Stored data
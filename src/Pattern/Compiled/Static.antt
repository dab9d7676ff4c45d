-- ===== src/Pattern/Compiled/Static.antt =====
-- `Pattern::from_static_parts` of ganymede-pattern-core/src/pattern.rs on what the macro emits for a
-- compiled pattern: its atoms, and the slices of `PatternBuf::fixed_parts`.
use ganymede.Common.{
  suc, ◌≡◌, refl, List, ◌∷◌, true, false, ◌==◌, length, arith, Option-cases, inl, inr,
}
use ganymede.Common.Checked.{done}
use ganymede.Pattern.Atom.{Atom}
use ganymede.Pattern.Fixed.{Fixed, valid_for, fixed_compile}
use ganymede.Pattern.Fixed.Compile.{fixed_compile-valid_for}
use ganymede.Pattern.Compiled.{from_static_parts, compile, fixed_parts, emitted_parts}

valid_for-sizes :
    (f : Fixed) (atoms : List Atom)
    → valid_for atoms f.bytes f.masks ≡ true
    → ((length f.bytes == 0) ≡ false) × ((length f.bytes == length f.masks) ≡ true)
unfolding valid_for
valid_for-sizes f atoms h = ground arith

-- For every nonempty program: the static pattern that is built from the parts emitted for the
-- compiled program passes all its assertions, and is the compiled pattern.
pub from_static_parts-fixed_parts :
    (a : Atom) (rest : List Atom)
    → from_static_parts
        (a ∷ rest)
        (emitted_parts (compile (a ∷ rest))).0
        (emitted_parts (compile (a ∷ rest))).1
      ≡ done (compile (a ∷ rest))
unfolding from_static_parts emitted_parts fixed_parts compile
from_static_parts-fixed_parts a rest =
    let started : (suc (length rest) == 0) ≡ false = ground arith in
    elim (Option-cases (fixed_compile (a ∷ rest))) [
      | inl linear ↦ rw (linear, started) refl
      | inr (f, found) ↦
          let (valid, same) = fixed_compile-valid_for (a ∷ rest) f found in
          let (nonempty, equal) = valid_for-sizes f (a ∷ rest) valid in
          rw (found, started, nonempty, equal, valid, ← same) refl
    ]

--

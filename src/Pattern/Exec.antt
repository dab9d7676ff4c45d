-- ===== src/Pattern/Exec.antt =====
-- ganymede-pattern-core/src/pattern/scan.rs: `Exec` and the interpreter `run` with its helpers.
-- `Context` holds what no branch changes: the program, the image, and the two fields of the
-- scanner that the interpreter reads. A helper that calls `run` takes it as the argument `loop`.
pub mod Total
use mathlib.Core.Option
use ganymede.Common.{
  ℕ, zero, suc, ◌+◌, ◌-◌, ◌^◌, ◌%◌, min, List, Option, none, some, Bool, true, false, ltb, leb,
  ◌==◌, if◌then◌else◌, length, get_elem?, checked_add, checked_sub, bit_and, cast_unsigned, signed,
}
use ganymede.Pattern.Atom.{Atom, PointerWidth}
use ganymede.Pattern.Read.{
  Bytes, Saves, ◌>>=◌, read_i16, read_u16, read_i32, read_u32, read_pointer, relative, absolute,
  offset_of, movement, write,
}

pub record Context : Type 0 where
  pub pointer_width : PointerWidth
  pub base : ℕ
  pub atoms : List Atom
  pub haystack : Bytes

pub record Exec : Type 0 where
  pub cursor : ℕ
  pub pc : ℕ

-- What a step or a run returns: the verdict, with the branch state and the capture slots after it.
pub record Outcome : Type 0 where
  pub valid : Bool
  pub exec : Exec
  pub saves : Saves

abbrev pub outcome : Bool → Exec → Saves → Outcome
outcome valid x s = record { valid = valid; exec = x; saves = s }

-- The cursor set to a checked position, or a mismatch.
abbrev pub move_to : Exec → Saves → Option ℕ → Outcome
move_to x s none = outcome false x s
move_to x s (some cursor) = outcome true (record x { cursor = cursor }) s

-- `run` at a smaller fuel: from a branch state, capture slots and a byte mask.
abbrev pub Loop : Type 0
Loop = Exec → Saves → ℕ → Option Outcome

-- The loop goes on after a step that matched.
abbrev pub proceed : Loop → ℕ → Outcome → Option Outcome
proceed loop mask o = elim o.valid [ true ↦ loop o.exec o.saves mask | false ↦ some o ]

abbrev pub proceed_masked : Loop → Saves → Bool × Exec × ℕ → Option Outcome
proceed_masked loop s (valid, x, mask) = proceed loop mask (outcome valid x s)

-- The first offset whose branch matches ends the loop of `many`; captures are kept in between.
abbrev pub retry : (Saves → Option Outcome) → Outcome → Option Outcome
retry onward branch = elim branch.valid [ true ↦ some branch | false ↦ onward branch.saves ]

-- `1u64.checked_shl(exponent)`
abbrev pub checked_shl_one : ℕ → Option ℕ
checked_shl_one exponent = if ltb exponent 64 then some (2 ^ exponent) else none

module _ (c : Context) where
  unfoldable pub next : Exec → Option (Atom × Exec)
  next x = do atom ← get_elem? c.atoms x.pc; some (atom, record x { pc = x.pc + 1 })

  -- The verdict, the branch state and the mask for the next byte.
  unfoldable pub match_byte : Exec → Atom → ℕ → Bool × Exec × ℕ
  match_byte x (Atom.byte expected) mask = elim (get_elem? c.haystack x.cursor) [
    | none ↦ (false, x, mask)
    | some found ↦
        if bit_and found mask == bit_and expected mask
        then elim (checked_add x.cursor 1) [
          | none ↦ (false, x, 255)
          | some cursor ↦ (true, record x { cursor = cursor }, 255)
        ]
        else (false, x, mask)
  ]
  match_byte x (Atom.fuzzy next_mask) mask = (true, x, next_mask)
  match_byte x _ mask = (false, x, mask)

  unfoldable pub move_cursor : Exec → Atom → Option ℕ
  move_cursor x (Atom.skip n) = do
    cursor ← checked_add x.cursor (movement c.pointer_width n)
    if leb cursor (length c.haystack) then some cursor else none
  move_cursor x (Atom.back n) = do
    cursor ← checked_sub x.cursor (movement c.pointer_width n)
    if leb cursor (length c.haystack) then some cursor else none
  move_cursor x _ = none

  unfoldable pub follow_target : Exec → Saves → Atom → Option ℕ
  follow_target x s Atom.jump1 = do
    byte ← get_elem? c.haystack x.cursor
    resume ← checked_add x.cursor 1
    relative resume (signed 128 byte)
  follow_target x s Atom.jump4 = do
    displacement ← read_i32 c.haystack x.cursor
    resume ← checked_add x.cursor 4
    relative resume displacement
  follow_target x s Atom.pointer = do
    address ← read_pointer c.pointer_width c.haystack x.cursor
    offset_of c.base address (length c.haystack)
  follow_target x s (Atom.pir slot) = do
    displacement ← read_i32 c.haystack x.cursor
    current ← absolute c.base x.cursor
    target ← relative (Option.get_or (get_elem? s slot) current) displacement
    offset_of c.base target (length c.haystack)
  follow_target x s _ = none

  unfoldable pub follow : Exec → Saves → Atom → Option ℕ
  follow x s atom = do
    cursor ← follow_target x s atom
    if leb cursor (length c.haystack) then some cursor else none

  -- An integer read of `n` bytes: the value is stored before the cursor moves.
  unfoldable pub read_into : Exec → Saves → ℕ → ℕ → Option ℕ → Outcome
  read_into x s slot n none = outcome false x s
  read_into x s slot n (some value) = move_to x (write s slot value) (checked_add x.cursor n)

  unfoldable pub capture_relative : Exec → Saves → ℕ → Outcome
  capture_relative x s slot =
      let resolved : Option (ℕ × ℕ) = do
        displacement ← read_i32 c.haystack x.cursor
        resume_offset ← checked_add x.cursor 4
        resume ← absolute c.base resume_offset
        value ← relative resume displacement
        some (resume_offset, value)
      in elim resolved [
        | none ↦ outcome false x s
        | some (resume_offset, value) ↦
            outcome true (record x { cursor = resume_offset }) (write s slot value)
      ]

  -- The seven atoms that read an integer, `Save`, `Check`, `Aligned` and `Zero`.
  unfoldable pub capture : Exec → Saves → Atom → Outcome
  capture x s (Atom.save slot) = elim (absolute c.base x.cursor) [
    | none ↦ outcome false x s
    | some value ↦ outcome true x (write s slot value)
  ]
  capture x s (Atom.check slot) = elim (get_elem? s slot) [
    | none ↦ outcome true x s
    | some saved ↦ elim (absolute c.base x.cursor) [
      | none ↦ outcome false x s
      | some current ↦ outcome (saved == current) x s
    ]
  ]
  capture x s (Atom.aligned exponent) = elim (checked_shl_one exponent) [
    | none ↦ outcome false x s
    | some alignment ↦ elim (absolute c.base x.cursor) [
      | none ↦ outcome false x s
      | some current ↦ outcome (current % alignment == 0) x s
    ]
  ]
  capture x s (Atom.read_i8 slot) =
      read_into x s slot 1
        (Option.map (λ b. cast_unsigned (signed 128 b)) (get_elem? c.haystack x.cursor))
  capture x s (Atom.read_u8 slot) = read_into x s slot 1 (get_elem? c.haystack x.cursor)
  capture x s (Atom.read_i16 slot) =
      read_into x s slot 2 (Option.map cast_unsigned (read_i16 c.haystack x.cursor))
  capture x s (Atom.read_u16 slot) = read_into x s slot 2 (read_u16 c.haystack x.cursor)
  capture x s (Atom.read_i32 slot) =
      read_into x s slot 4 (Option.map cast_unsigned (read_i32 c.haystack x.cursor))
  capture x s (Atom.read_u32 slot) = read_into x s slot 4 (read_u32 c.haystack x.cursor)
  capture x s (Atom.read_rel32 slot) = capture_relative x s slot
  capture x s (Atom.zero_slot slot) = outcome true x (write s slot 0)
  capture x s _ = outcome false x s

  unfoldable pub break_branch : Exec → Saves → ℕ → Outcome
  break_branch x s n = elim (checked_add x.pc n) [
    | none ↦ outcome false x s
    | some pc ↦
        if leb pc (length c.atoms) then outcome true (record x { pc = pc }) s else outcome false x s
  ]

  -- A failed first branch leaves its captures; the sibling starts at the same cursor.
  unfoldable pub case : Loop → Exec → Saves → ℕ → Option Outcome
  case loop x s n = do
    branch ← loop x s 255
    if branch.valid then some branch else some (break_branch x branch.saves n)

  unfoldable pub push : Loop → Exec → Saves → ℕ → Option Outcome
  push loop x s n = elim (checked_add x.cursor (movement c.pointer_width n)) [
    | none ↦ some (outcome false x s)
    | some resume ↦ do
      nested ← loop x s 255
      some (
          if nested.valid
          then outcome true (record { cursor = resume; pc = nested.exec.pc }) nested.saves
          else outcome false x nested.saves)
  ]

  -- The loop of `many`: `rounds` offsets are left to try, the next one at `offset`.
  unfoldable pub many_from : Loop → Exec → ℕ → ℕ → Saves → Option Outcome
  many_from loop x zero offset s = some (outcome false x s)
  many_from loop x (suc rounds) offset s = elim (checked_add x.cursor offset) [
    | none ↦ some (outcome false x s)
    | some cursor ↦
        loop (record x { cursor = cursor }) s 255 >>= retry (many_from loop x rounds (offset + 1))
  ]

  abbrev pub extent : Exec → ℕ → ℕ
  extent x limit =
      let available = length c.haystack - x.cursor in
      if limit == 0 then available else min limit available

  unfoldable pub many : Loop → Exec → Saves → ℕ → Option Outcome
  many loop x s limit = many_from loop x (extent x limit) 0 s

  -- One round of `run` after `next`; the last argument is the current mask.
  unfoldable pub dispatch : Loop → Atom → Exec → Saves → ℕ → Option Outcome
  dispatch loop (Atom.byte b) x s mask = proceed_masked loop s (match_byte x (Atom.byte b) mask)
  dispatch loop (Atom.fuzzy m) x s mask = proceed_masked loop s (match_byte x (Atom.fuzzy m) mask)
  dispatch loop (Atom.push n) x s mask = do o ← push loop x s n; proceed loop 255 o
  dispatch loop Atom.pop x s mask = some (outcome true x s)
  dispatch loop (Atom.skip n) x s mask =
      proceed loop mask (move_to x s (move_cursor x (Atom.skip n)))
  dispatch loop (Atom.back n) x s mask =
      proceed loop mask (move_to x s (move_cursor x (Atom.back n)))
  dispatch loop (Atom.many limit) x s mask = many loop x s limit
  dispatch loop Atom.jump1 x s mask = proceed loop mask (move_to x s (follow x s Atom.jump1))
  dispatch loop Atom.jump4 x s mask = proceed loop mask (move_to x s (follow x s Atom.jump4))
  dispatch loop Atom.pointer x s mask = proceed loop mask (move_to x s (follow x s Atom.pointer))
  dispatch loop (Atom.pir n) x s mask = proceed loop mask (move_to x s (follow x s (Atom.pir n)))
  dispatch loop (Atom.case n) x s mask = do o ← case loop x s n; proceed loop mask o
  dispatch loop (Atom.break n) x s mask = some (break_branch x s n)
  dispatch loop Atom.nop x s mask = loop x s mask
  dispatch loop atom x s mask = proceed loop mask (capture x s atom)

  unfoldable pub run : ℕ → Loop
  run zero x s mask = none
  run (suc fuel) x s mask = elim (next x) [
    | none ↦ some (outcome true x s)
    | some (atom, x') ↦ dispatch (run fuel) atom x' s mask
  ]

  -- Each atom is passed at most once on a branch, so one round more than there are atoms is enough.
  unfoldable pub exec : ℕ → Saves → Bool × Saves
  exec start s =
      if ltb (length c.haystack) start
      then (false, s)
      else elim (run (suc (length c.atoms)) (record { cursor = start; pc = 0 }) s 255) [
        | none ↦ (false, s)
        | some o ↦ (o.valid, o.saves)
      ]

...

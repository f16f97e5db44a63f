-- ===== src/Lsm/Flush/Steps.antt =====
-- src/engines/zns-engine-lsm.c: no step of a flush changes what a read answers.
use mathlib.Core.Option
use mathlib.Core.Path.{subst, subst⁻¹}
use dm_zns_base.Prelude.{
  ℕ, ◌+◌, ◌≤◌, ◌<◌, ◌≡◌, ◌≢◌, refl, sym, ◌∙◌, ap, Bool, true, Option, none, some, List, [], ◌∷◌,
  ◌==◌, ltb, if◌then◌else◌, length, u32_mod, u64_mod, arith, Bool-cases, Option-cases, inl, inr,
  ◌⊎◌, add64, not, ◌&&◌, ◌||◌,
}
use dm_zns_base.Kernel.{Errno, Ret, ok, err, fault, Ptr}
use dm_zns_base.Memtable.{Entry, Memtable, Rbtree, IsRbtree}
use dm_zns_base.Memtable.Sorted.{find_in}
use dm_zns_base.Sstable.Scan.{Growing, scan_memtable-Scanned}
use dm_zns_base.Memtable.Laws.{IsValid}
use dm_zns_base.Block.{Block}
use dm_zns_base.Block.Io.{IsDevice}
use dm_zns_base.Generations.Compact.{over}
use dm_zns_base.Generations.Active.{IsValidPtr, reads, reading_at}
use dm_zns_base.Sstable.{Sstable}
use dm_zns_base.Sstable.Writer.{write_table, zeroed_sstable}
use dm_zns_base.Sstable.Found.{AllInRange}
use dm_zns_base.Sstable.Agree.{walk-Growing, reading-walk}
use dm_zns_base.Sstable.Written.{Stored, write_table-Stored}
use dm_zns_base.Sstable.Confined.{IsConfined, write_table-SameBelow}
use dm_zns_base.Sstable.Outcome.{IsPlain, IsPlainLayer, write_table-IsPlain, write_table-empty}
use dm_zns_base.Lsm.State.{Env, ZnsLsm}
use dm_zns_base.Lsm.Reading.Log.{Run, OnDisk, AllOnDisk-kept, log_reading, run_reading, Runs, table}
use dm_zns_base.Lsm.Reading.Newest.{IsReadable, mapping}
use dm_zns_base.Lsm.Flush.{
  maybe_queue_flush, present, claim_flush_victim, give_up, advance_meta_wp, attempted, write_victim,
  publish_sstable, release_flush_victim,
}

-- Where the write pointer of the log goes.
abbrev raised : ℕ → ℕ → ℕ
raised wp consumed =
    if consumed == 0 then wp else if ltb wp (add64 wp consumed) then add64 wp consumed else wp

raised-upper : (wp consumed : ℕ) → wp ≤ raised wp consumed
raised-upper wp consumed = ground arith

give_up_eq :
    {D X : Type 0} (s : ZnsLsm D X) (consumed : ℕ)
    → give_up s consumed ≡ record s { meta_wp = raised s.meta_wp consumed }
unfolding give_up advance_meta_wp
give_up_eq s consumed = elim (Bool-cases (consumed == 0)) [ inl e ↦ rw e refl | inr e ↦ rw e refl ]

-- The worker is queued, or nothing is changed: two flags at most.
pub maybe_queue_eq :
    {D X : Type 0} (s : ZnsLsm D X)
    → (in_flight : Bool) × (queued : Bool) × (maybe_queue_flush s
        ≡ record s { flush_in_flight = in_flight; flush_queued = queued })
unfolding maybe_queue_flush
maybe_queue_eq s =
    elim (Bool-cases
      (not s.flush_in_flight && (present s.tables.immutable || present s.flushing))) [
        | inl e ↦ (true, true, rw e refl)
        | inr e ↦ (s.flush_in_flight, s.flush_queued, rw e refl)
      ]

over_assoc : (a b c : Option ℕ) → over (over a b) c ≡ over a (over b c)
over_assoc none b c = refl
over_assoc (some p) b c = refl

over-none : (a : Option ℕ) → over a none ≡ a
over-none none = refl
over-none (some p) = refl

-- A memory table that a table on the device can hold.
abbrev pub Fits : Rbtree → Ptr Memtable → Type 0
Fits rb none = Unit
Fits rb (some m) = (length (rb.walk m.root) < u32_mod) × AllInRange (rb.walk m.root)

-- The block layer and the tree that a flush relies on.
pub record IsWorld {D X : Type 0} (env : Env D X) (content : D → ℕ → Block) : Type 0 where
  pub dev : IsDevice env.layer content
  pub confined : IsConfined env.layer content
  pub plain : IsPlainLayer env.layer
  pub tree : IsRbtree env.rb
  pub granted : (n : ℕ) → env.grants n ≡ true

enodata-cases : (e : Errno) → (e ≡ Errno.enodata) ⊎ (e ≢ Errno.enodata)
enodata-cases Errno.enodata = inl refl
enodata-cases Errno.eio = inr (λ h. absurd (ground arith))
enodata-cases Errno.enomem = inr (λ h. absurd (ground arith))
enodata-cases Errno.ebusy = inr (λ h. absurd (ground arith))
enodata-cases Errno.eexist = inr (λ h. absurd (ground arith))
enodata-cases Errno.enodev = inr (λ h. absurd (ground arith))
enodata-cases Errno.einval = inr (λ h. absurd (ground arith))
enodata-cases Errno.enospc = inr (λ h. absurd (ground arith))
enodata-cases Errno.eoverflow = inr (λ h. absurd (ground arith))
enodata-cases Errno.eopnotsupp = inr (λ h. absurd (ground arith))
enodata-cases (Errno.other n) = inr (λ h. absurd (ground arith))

_Problem to solve_:
Only a number is wanted here: how many lines above hold the string "resolved"?

_Result for this task_:
2